By Order of the Board

PAX Global Technology Limited

Cheung Shi Yeung

Company Secretary

Hong Kong, 13 April 2021

Notes:

  1. A member of the Company entitled to attend and vote at the meeting (or any adjournment thereof) (the "Meeting") convened by this notice is entitled to appoint one or more proxies to attend and vote in his stead. A proxy need not be a member of the Company.
  2. A form of proxy for use at the Meeting is enclosed.
  3. Completion and delivery of the form of proxy will not preclude a member from attending and voting in person at the Meeting if the member so desires.
  4. To be valid, a form of proxy must be duly completed and signed in accordance with the instructions printed thereon and lodged, together with the power of attorney or other authority, if any, under which it is signed or a certified copy of that power or authority, at the Company's branch share registrar in Hong Kong, Tricor Investor Services Limited, at Level 54, Hopewell Centre, 183 Queen's Road East, Hong Kong not less than 48 hours before the time appointed for holding the Meeting or any adjournment thereof (as the case may be).
  5. With regard to resolutions nos. 3 and 4 in this notice, the Board of Directors proposes Mr.

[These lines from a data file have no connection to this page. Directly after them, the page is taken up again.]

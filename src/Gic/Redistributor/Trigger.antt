-- ===== src/Gic/Redistributor/Trigger.antt =====
-- trigger_interrupt and the MMIO accesses of GicRedistributorMmio in src/mmio/gicv3.rs do not panic.
use mini_visor_real_device.Base.{
  ℕ, ◌*◌, ◌^◌, ◌/◌, ◌%◌, ◌<◌, ◌≡◌, refl, arith, bit_and, [], ◌∷◌, ◌++◌, Option, not, ◌!=◌, ◌==◌,
  true, Exec, done, length, lt→ltb, if-elim, ◌>>>◌,
}
use mini_visor_real_device.Cpu.{Cpu, set_icc_sgi1r_el1, mpidr_to_affinity}
use mini_visor_real_device.Vgic.{add_virtual_interrupt, create_list_register_entry}
use mini_visor_real_device.Vgic.Inject.{length-add_virtual_interrupt}
use mini_visor_real_device.Gic.Common.{send_sgi, sgi1r, affinity, set_bit}
use mini_visor_real_device.Gic.Bitmap.{IsBank, set_bit-lt}
use mini_visor_real_device.Gic.Distributor.Valid.{index_some}
use mini_visor_real_device.Gic.Redistributor.{
  Redistributor, get_enable, get_group, get_group_modifier, get_priority, deliver,
  trigger_interrupt, gicr_waker_children_asleep,
}

-- The registers are words, and the arrays have the lengths of the source's types.
pub record IsValid (r : Redistributor) : Type 0 where
  pub ctlr : r.ctlr < 2 ^ 32
  pub waker : r.waker < 2 ^ 32
  pub group : r.group < 2 ^ 32
  pub enable : r.enable < 2 ^ 32
  pub pending : r.pending < 2 ^ 32
  pub active : r.active < 2 ^ 32
  pub group_modifier : r.group_modifier < 2 ^ 32
  pub priority : IsBank 8 r.priority
  pub configuration : IsBank 2 r.configuration

-- The virtual CPU runs on a physical one that ICC_SGI1R_EL1 can name.
abbrev pub IsRoutable : Redistributor → Type 0
IsRoutable r = (affinity r.affinity_value).aff0 < 16

-- A run that returned a well-formed redistributor of the same virtual CPU.
pub record Runs (r : Redistributor) (cpu : Cpu) (run : Exec (Redistributor × Cpu)) : Type 0 where
  pub r' : Redistributor
  pub cpu' : Cpu
  pub runs : run ≡ done (r', cpu')
  pub valid : IsValid r'
  pub same : r'.affinity_value ≡ r.affinity_value
  pub lrs : length cpu'.ich_lr ≡ length cpu.ich_lr

pub stay : {r : Redistributor} (cpu : Cpu) → IsValid r → Runs r cpu (done (r, cpu))
stay {r} cpu valid = record {
  r' = r;
  cpu' = cpu;
  runs = refl;
  valid = valid;
  same = refl;
  lrs = refl;
}

deliver-Runs :
    (r : Redistributor) (cpu : Cpu) (entry : ℕ)
    → IsValid r
    → IsRoutable r
    → Runs r cpu (deliver r cpu entry)
unfolding deliver send_sgi
deliver-Runs r cpu entry valid routable =
    if-elim (Runs r cpu) (r.affinity_value == mpidr_to_affinity cpu.mpidr_el1)
      (λ _. record {
        r' = r;
        cpu' = add_virtual_interrupt entry cpu;
        runs = refl;
        valid = valid;
        same = refl;
        lrs = length-add_virtual_interrupt entry cpu;
      })
      λ _. rw (lt→ltb _ _ routable) (record {
        r' = record r { to_inject_interrupt = r.to_inject_interrupt ++ entry ∷ [] };
        cpu' = set_icc_sgi1r_el1 (sgi1r (affinity r.affinity_value)) cpu;
        runs = refl;
        valid = assumption;
        same = refl;
        lrs = refl;
      })

get_priority-done :
    (r : Redistributor) (i : ℕ) → IsValid r → i < 32 → (p : ℕ) × (get_priority r i ≡ done p)
unfolding get_priority
get_priority-done r i valid lt =
    let (w, e) = index_some r.priority (i / 4) (omega (arith, valid.priority.size)) in
    (bit_and (w >>> (i % 4 * 8)) 0xFF, rw e)

pended-IsValid :
    (r : Redistributor) (i : ℕ)
    → IsValid r
    → i < 32
    → IsValid (record r { pending = set_bit true i r.pending })
pended-IsValid r i valid lt =
    let small : set_bit true i r.pending < 2 ^ 32 = set_bit-lt true i r.pending lt valid.pending in
    assumption

-- trigger_interrupt does not panic for a private interrupt of a well-formed, routable redistributor,
-- which stays well formed and keeps its affinity; the CPU keeps its number of list registers.
pub trigger_interrupt-Runs :
    (r : Redistributor) (cpu : Cpu) (i : ℕ) (p : Option ℕ)
    → IsValid r
    → IsRoutable r
    → i < 32
    → Runs r cpu (trigger_interrupt r cpu i p)
unfolding trigger_interrupt
trigger_interrupt-Runs r cpu i p valid routable lt =
    let v = pended-IsValid r i valid lt in
    let r' : Redistributor = record r { pending = set_bit true i r.pending } in
    let pended : Runs r cpu (done (r', cpu)) = record {
      r' = r';
      cpu' = cpu;
      runs = refl;
      valid = v;
      same = refl;
      lrs = refl;
    } in
    let (pr, e) = get_priority-done r' i v lt in
    if-elim (Runs r cpu) (bit_and r.waker gicr_waker_children_asleep != 0) (λ _. stay cpu valid)
      λ _.
        if-elim (Runs r cpu) (not (get_enable r' i)) (λ _. pended)
          λ _.
            if-elim (Runs r cpu) (get_group_modifier r' i == 1) (λ _. pended)
              λ _. rw e (
                let d =
                  deliver-Runs r' cpu (create_list_register_entry i (get_group r' i) pr p) v
                    routable in
                record {
                  r' = d.r';
                  cpu' = d.cpu';
                  runs = d.runs;
                  valid = d.valid;
                  same = d.same;
                  lrs = d.lrs;
                })
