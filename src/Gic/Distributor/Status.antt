-- ===== src/Gic/Distributor/Status.antt =====
-- change_pending_status, change_active_status and trigger_interrupt of GicDistributorMmio in
-- src/mmio/gicv3.rs: what they write.
use mini_visor_real_device.Base.{
  ℕ, ◌<◌, ◌≡◌, inl, inr, refl, arith, List, ◌!=◌, ◌==◌, Bool, true, false, done, if◌then◌else◌,
  Bool-cases,
}
use mini_visor_real_device.Gic.Bitmap.{bit, modify-SetBit}
use mini_visor_real_device.Gic.Distributor.{Distributor, change_pending_status, get_pending}
use mini_visor_real_device.Gic.Distributor.Valid.{IsValid, get_pending-done}

bit-ne-zero : (b : Bool) → (bit b != 0) ≡ b
bit-ne-zero true = refl
bit-ne-zero false = refl

-- The outcome of a change of interrupt `i`'s pending status to `b`.
pub record Pended (d : Distributor) (i : ℕ) (b : Bool) : Type 0 where
  pub regs : List ℕ
  pub runs : change_pending_status d i b ≡ done (record d { pending = regs })
  pub valid : IsValid (record d { pending = regs })
  pub reads :
      (j : ℕ)
      → j < 1024
      → get_pending (record d { pending = regs }) j ≡ (if i == j then done b else get_pending d j)

-- change_pending_status runs for each interrupt below 1024 of a well-formed distributor. It changes
-- no other register array, keeps the distributor well formed, and get_pending then answers the
-- new status for that interrupt and the old one for any other.
pub change_pending_status-Pended :
    (d : Distributor) (i : ℕ) (b : Bool) → IsValid d → i < 1024 → Pended d i b
unfolding change_pending_status
change_pending_status-Pended d i b valid lt =
    let s = modify-SetBit d.pending i b valid.pending (omega arith) in
    let v : IsValid (record d { pending = s.regs' }) = record {
      ctlr = valid.ctlr;
      group = valid.group;
      enable = valid.enable;
      pending = s.bank;
      active = valid.active;
      priority = valid.priority;
      configuration = valid.configuration;
      group_modifier = valid.group_modifier;
      router = valid.router;
    } in
    record {
      regs = s.regs';
      runs = rw s.runs;
      valid = v;
      reads = λ j lj.
          rw (get_pending-done v j lj, get_pending-done valid j lj, s.bits j)
            (elim (Bool-cases (i == j)) [
              | inl same ↦ rw (same, bit-ne-zero b)
              | inr other ↦ rw other
            ]);
    }
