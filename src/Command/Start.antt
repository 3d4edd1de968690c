-- ===== src/Command/Start.antt =====
-- `doStart` of src/runw.cpp.
use runw.Common.{
  ◌≡◌, true, false, Option, none, some, Bool, [], Text, if◌then◌else◌, arith, text_eq_self,
}
use runw.Json.{Simdjson}
use runw.Disk.{Node, file, fifo, Disk, Os, put, is_file}
use runw.State.{State, fresh}
use runw.State.Load
use runw.Command.{
  Exit, success, failure, released, World, emit_event, state_file, exec_fifo, readable,
}

-- `open(path, O_WRONLY | O_NONBLOCK)`: a fifo wants a reader.
abbrev pub opens_for_write : Os → Disk → Text → Option Node → Bool
opens_for_write os d p (some fifo) = os.has_reader d p
opens_for_write os d p (some (file _)) = os.opens d p
opens_for_write os d p _ = false

-- Open, unlink, write: the container's process waits for the byte.
unfoldable pub release : Os → Text → World → Exit × World
release os p w =
    if opens_for_write os w.disk p (w.disk.node p)
    then (if os.unlinks w.disk p
        then (let w' = record w { disk = put w.disk p none } in
            if os.writes_fifo w.disk p
            then (success, emit_event (released p) w')
            else (failure, w'))
        else (failure, w))
    else (failure, w)

unfoldable pub start_loaded : Os → Text → World → State × Bool → Exit × World
unfolding release
start_loaded os p w (s, true) = release os p w
start_loaded os p w (s, false) = (failure, w)

unfoldable pub do_start : Simdjson → Os → Text → Text → Text → World → Exit × World
unfolding start_loaded
do_start S os root config_name id w =
    if is_file (w.disk.node (state_file root id))
    then start_loaded os (exec_fifo root id) w
        (Load.load S (readable os w.disk) (state_file root id) config_name (fresh [] []))
    else (failure, w)

-- A second start of a container that was started fails and changes nothing more, whatever the system
-- allows: the first has removed the fifo.
pub do_start_twice :
    (S : Simdjson) (os : Os) (root config_name id : Text) (w : World)
    → (do_start S os root config_name id w).0 ≡ success
    → let w' = (do_start S os root config_name id w).1 in
      do_start S os root config_name id w' ≡ (failure, w')
unfolding do_start put
do_start_twice S os root config_name id w h = ground (arith, text_eq_self (exec_fifo root id))
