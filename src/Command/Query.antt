-- ===== src/Command/Query.antt =====
-- `doState` of src/runw.cpp.
use runw.Common.{ℕ, ◌≡◌, refl, true, Option, none, some, [], ◌∷◌, ◌++◌, Text, if◌then◌else◌, arith}
use runw.Disk.{Node, file, dir, fifo, is_dir, content, Os}
use runw.Disk.AtomicFile.{read_all, or_empty}
use runw.Command.{Exit, success, failure, printed, World, emit_event, container_root, state_file}

unfoldable pub show_text : Text → World → Exit × World
show_text [] w = (failure, w)
show_text (c ∷ s) w = (success, emit_event (printed ((c ∷ s) ++ 10 ∷ [])) w)

unfoldable pub do_state : Os → Text → Text → World → Exit × World
unfolding show_text
do_state os root id w =
    if is_dir (w.disk.node (container_root root id))
    then show_text (read_all os w.disk (state_file root id)) w
    else (failure, w)

show_text-success :
    (n : Option Node) (w : World)
    → (show_text (or_empty (content n)) w).0 ≡ success
    → (c : ℕ) × (s : Text) × (n ≡ some (file (c ∷ s)))
unfolding show_text
show_text-success none w h = cc
show_text-success (some dir) w h = cc
show_text-success (some fifo) w h = cc
show_text-success (some (file [])) w h = cc
show_text-success (some (file (c ∷ s))) w h = (c, s, refl)

-- The state command succeeds only if the container's directory is there and its state file can be
-- read and is not empty.
pub do_state_needs :
    (os : Os) (root id : Text) (w : World)
    → (do_state os root id w).0 ≡ success
    → (is_dir (w.disk.node (container_root root id)) ≡ true)
      × (os.reads w.disk (state_file root id) ≡ true)
      × ((c : ℕ) × (s : Text) × (w.disk.node (state_file root id) ≡ some (file (c ∷ s))))
unfolding do_state read_all
do_state_needs os root id w h = (
  ground arith,
  ground arith,
  show_text-success (w.disk.node (state_file root id)) w (ground arith),
)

Lu Jie and Mr. Man Kwok Kuen, Charles be re-elected as Directors. The particulars of the relevant Directors are set out in Appendix II to the circular to the shareholders dated 13 April 2021.
  6. All votings on the resolutions in this notice by the members at the Meeting shall be conducted by poll.
  7. The proposed final dividend, subject to the approval of the Shareholders at the Meeting, will be paid on 22 June 2021 (Tuesday) to shareholders of the Company whose names appear on the register of members of the Company at the close of business on 4 June 2021 (Friday). For determining the entitlement to the proposed final dividend to be paid to the Shareholders, the register of members of the Company will be closed from 2 June 2021 (Wednesday) to 4 June 2021 (Friday), both days inclusive, during which period no transfer of shares of the Company will be registered. In order to qualify for the proposed final dividend, all transfer documents accompanied by the relevant share certificates must be lodged with the Company's branch share registrar and transfer office in Hong Kong, Tricor Investor Services Limited at Level 54, Hopewell Centre, 183 Queen's Road East, Hong Kong not later than 4:30 p.m. on 1 June 2021 (Tuesday).

4

  1. Record date (being the last date for registration of any share transfer given there will be no book closure) for determining the entitlement of the shareholders of the Company to attend and vote at the Annual General Meeting will be 12 May 2021 (Wednesday). All transfer documents accompanied by the relevant share certificates must be lodged with the Company's branch share registrar and transfer office in Hong Kong, Tricor Investor Services Limited at Level 54, Hopewell Centre, 183 Queen's Road East, Hong Kong for registration no later than 4:30 p.m. on 12 May 2021 (Wednesday).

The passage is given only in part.